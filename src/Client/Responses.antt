-- ===== src/Client/Responses.antt =====
-- MsgClient::processHeartbeatRsp, processQueryAllRsp, processQueryTaskRsp, processTaskActionRsp and
-- processRspData of src/task_msg.cpp: the result, and the calls of the request's callback.
use task_monitor.Base.{
  ℕ, zero, suc, List, [], ◌∷◌, Bool, Option, none, some, if◌then◌else◌, ℤ, ok_code, fail_code,
  is_zero, to_u32,
}
use task_monitor.Ring.{RingBuf}
use task_monitor.ListApi.{ListApi}
use task_monitor.Json.{Json, codes}
use task_monitor.Msg.{EventType, HeartbeatRsp, TaskSimpleInfo, TaskAllRsp, TaskDetailInfo}
use task_monitor.Send.{◌>>=◌}
use task_monitor.Server.Handlers.{strncpy}
use task_monitor.Client.{
  MsgRequest, RspData, null, heartbeat_rsp, all_rsp, detail_rsp, Call, call_of,
}

module _ (js : Json) where
  open js use {
    Value, is_object, is_number, is_string, is_raw, get_object_item, get_array_size, get_array_item,
    valueint, valuedouble, valuestring,
  }

  -- An item that is there and passes the test of its type.
  abbrev pub item_of : (Value → Bool) → Option Value → Option Value
  item_of test none = none
  item_of test (some v) = if test v then some v else none

  -- The heartbeat is read from the item "pid", whose type is not looked at.
  unfoldable pub parse_heartbeat_rsp : Option Value → Option (HeartbeatRsp js)
  parse_heartbeat_rsp item = do
    d ← item_of is_object item
    pid ← get_object_item d (codes "pid")
    heartbeat ← get_object_item d (codes "heatbeat")
    some (record { pid = to_u32 (valueint pid); heatbeat = valuedouble pid })

  -- The status is copied from the item "name".
  unfoldable pub parse_simple_info : Option Value → Option TaskSimpleInfo
  unfolding strncpy
  parse_simple_info item = do
    d ← item_of is_object item
    name ← item_of is_string (get_object_item d (codes "name"))
    pid ← item_of is_number (get_object_item d (codes "pid"))
    status ← item_of is_string (get_object_item d (codes "status"))
    some (record {
      name = strncpy (valuestring name) 31;
      pid = to_u32 (valueint pid);
      status = strncpy (valuestring name) 31;
    })

  -- The loop over the items, `left` rounds from the end.
  unfoldable pub parse_items : ℕ → ℕ → Value → Option (List TaskSimpleInfo)
  unfolding parse_simple_info
  parse_items i zero d = some []
  parse_items i (suc left) d = parse_simple_info (get_array_item d i) >>= λ info.
      parse_items (suc i) left d >>= λ infos. some (info ∷ infos)

  unfoldable pub parse_all_rsp : Option Value → Option TaskAllRsp
  unfolding parse_items
  parse_all_rsp item = do
    d ← item_of is_raw item
    infos ← parse_items 0 (get_array_size d) d
    some (record { count = get_array_size d; task_list = infos })

  unfoldable pub parse_detail_rsp : Option Value → Option (TaskDetailInfo js)
  unfolding strncpy
  parse_detail_rsp item = do
    d ← item_of is_object item
    pid ← item_of is_number (get_object_item d (codes "pid"))
    name ← item_of is_string (get_object_item d (codes "name"))
    param ← item_of is_string (get_object_item d (codes "param"))
    status ← item_of is_string (get_object_item d (codes "status"))
    heartbeat ← item_of is_number (get_object_item d (codes "heartBeat"))
    some (record {
      pid = to_u32 (valueint pid);
      name = strncpy (valuestring name) 31;
      param = strncpy (valuestring param) 127;
      status = strncpy (valuestring status) 31;
      heartbeat = valuedouble heartbeat;
    })

  module _ (C : Type 0) (rb : RingBuf) (api : ListApi (MsgRequest js C)) where
    abbrev calls : MsgRequest js C → ℤ → RspData js C → List (Call js C)
    calls = call_of js C rb api

    -- -1 where the data does not parse, and then there is no call.
    abbrev pub deliver {ℓ} :
        {R : Type ℓ} → MsgRequest js C → ℤ → (R → RspData js C) → Option R → ℤ × List (Call js C)
    deliver req ret wrap none = (fail_code, [])
    deliver req ret wrap (some rsp) = (ok_code, calls req ret (wrap rsp))

    unfoldable pub by_type : MsgRequest js C → ℤ → Option Value → EventType → ℤ × List (Call js C)
    by_type req ret value EventType.heartbeat =
        deliver req ret heartbeat_rsp (parse_heartbeat_rsp value)
    by_type req ret value EventType.query_all = deliver req ret all_rsp (parse_all_rsp value)
    by_type req ret value EventType.query_task = deliver req ret detail_rsp (parse_detail_rsp value)
    by_type req ret value EventType.task_action = (ok_code, calls req ret null)
    by_type req ret value EventType.max = (fail_code, [])

    unfoldable pub process_rsp_data : MsgRequest js C → ℤ → Option Value → ℤ × List (Call js C)
    unfolding by_type
    process_rsp_data req ret value = elim req.cb [
      | none ↦ (ok_code, [])
      | some cb ↦
          if is_zero ret then by_type req ret value req.type else (ok_code, calls req ret null)
    ]
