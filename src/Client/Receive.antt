-- ===== src/Client/Receive.antt =====
-- MsgClient::parseClientData, procData and recvData of src/task_msg.cpp.
use task_monitor.Base.{
  ℕ, List, [], ◌∷◌, Bool, Option, none, some, ◌==◌, if◌then◌else◌, ℤ, ok_code, fail_code,
}
use task_monitor.Ring.{RingBuf}
use task_monitor.Package.{get_available_package, payload}
use task_monitor.ListApi.{ListApi}
use task_monitor.Json.{Json, codes}
use task_monitor.Client.{MsgRequest, MsgClient, ended}
use task_monitor.Client.Responses.{process_rsp_data}

module _ (js : Json) (C : Type 0) where
  -- The first request of the id.
  unfoldable pub find_request : ℕ → List (MsgRequest js C) → Option (MsgRequest js C)
  find_request id [] = none
  find_request id (r ∷ rs) = if r.req_id == id then some r else find_request id rs

  module _ (rb : RingBuf) (api : ListApi (MsgRequest js C)) where
    open js use {Value, get_object_item, valueint, parse}

    abbrev Client : Type 0
    Client = MsgClient js C rb api

    complete : Client → MsgRequest js C → ℤ → Option Value → ℤ × Client
    complete c req ret value =
        let (result, calls) = process_rsp_data js C rb api req ret value in
        (result, ended js C rb api c req calls)

    -- A response to a request that waits ends it; any other is passed over.
    unfoldable pub respond : Client → ℕ → ℤ → Option Value → ℤ × Client
    unfolding complete
    respond c req_id ret value = elim (find_request req_id (api.entries c.request_list)) [
      | none ↦ (ok_code, c)
      | some req ↦ complete c req ret value
    ]

    unfoldable pub parse_client_data : Client → ℕ → List ℕ → ℤ × Client
    parse_client_data c req_id text = elim (parse text) [
      | none ↦ (fail_code, c)
      | some root ↦ elim (get_object_item root (codes "ret")) [
        | none ↦ (fail_code, c)
        | some ret ↦ respond c req_id (valueint ret) (get_object_item root (codes "data"))
      ]
    ]

    unfoldable pub proc_data : Client → Bool → ℤ × Client
    unfolding parse_client_data
    proc_data c malloc_ok =
        let f = get_available_package rb malloc_ok c.ring in
        let c' = record c { ring = f.buf } in
        elim f.found [ none ↦ (f.ret, c') | some p ↦ parse_client_data c' p.req_id (payload p) ]

    unfoldable pub recv_data : Client → Bool → List ℕ → ℤ × Client
    unfolding proc_data
    recv_data c malloc_ok text =
        let (ring, written) = rb.write_data c.ring text in
        let c' = record c { ring = ring } in
        if written == 0 then (fail_code, c') else proc_data c' malloc_ok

————

What needs to be done: Return the material above in full, exactly as written.

Exercise result:
filename src/Client/Responses.antt
-- ===== src/Client/Responses.antt =====
-- MsgClient::processHeartbeatRsp, processQueryAllRsp, processQueryTaskRsp, processTaskActionRsp and
-- processRspData of src/task_msg.cpp: the result, and the calls of the request's callback.
use task_monitor.Base.{
  ℕ, zero, suc, List, [], ◌∷◌, Bool, Option, none, some, if◌then◌else◌, ℤ, ok_code, fail_code,
  is_zero, to_u32,
}
use task_monitor.Ring.{RingBuf}
use task_monitor.ListApi.{ListApi}
use task_monitor.Json.{Json, codes}
use task_monitor.Msg.{EventType, HeartbeatRsp, TaskSimpleInfo, TaskAllRsp, TaskDetailInfo}
use task_monitor.Send.{◌>>=◌}
use task_monitor.Server.Handlers.{strncpy}
use task_monitor.Client.{
  MsgRequest, RspData, null, heartbeat_rsp, all_rsp, detail_rsp, Call, call_of,
}

module _ (js : Json) where
  open js use {
    Value, is_object, is_number, is_string, is_raw, get_object_item, get_array_size, get_array_item,
    valueint, valuedouble, valuestring,
  }

  -- An item that is there and passes the test of its type.
  abbrev pub item_of : (Value → Bool) → Option Value → Option Value
  item_of test none = none
  item_of test (some v) = if test v then some v else none

  -- The heartbeat is read from the item "pid", whose type is not looked at.
  unfoldable pub parse_heartbeat_rsp : Option Value → Option (HeartbeatRsp js)
  parse_heartbeat_rsp item = do
    d ← item_of is_object item
    pid ← get_object_item d (codes "pid")
    heartbeat ← get_object_item d (codes "heatbeat")
    some (record { pid = to_u32 (valueint pid); heatbeat = valuedouble pid })

  -- The status is copied from the item "name".
  unfoldable pub parse_simple_info : Option Value → Option TaskSimpleInfo
  unfolding strncpy
  parse_simple_info item = do
    d ← item_of is_object item
    name ← item_of is_string (get_object_item d (codes "name"))
    pid ← item_of is_number (get_object_item d (codes "pid"))
    status ← item_of is_string (get_object_item d (codes "status"))
    some (record {
      name = strncpy (valuestring name) 31;
      pid = to_u32 (valueint pid);
      status = strncpy (valuestring name) 31;
    })

  -- The loop over the items, `left` rounds from the end.
  unfoldable pub parse_items : ℕ → ℕ → Value → Option (List TaskSimpleInfo)
  unfolding parse_simple_info
  parse_items i zero d = some []
  parse_items i (suc left) d = parse_simple_info (get_array_item d i) >>= λ info.
      parse_items (suc i) left d >>= λ infos. some (info ∷ infos)

  unfoldable pub parse_all_rsp : Option Value → Option TaskAllRsp
  unfolding parse_items
  parse_all_rsp item = do
    d ← item_of is_raw item
    infos ← parse_items 0 (get_array_size d) d
    some (record { count = get_array_size d; task_list = infos })

  unfoldable pub parse_detail_rsp : Option Value → Option (TaskDetailInfo js)
  unfolding strncpy
  parse_detail_rsp item = do
    d ← item_of is_object item
    pid ← item_of is_number (get_object_item d (codes "pid"))
    name ← item_of is_string (get_object_item d (codes "name"))
    param ← item_of is_string (get_object_item d (codes "param"))
    status ← item_of is_string (get_object_item d (codes "status"))
    heartbeat ← item_of is_number (get_object_item d (codes "heartBeat"))
    some (record {
      pid = to_u32 (valueint pid);
      name = strncpy (valuestring name) 31;
      param = strncpy (valuestring param) 127;
      status = strncpy (valuestring status) 31;
      heartbeat = valuedouble heartbeat;
    })

  module _ (C : Type 0) (rb : RingBuf) (api : ListApi (MsgRequest js C)) where
    abbrev calls : MsgRequest js C → ℤ → RspData js C → List (Call js C)
    calls = call_of js C rb api

    -- -1 where the data does not parse, and then there is no call.
    abbrev pub deliver {ℓ} :
        {R : Type ℓ} → MsgRequest js C → ℤ → (R → RspData js C) → Option R → ℤ × List (Call js C)
    deliver req ret wrap none = (fail_code, [])
    deliver req ret wrap (some rsp) = (ok_code, calls req ret (wrap rsp))

    unfoldable pub by_type : MsgRequest js C → ℤ → Option Value → EventType → ℤ × List (Call js C)
    by_type req ret value EventType.heartbeat =
        deliver req ret heartbeat_rsp (parse_heartbeat_rsp value)
    by_type req ret value EventType.query_all = deliver req ret all_rsp (parse_all_rsp value)
    by_type req ret value EventType.query_task = deliver req ret detail_rsp (parse_detail_rsp value)
    by_type req ret value EventType.task_action = (ok_code, calls req ret null)
    by_type req ret value EventType.max = (fail_code, [])

    unfoldable pub process_rsp_data : MsgRequest js C → ℤ → Option Value → ℤ × List (Call js C)
    unfolding by_type
    process_rsp_data req ret value = elim req.cb [
      | none ↦ (ok_code, [])
      | some cb ↦
          if is_zero ret then by_type req ret value req.type else (ok_code, calls req ret null)
    ]
filename src/Client/Receive.antt
-- ===== src/Client/Receive.antt =====
-- MsgClient::parseClientData, procData and recvData of src/task_msg.cpp.
use task_monitor.Base.{
  ℕ, List, [], ◌∷◌, Bool, Option, none, some, ◌==◌, if◌then◌else◌, ℤ, ok_code, fail_code,
}
use task_monitor.Ring.{RingBuf}
use task_monitor.Package.{get_available_package, payload}
use task_monitor.ListApi.{ListApi}
use task_monitor.Json.{Json, codes}
use task_monitor.Client.{MsgRequest, MsgClient, ended}
use task_monitor.Client.Responses.{process_rsp_data}

module _ (js : Json) (C : Type 0) where
  -- The first request of the id.
  unfoldable pub find_request : ℕ → List (MsgRequest js C) → Option (MsgRequest js C)
  find_request id [] = none
  find_request id (r ∷ rs) = if r.req_id == id then some r else find_request id rs

  module _ (rb : RingBuf) (api : ListApi (MsgRequest js C)) where
    open js use {Value, get_object_item, valueint, parse}

    abbrev Client : Type 0
    Client = MsgClient js C rb api

    complete : Client → MsgRequest js C → ℤ → Option Value → ℤ × Client
    complete c req ret value =
        let (result, calls) = process_rsp_data js C rb api req ret value in
        (result, ended js C rb api c req calls)

    -- A response to a request that waits ends it; any other is passed over.
    unfoldable pub respond : Client → ℕ → ℤ → Option Value → ℤ × Client
    unfolding complete
    respond c req_id ret value = elim (find_request req_id (api.entries c.request_list)) [
      | none ↦ (ok_code, c)
      | some req ↦ complete c req ret value
    ]

    unfoldable pub parse_client_data : Client → ℕ → List ℕ → ℤ × Client
    parse_client_data c req_id text = elim (parse text) [
      | none ↦ (fail_code, c)
      | some root ↦ elim (get_object_item root (codes "ret")) [
        | none ↦ (fail_code, c)
        | some ret ↦ respond c req_id (valueint ret) (get_object_item root (codes "data"))
      ]
    ]

    unfoldable pub proc_data : Client → Bool → ℤ × Client
    unfolding parse_client_data
    proc_data c malloc_ok =
        let f = get_available_package rb malloc_ok c.ring in
        let c' = record c { ring = f.buf } in
        elim f.found [ none ↦ (f.ret, c') | some p ↦ parse_client_data c' p.req_id (payload p) ]

    unfoldable pub recv_data : Client → Bool → List ℕ → ℤ × Client
    unfolding proc_data
    recv_data c malloc_ok text =
        let (ring, written) = rb.write_data c.ring text in
        let c' = record c { ring = ring } in
        if written == 0 then (fail_code, c') else proc_data c' malloc_ok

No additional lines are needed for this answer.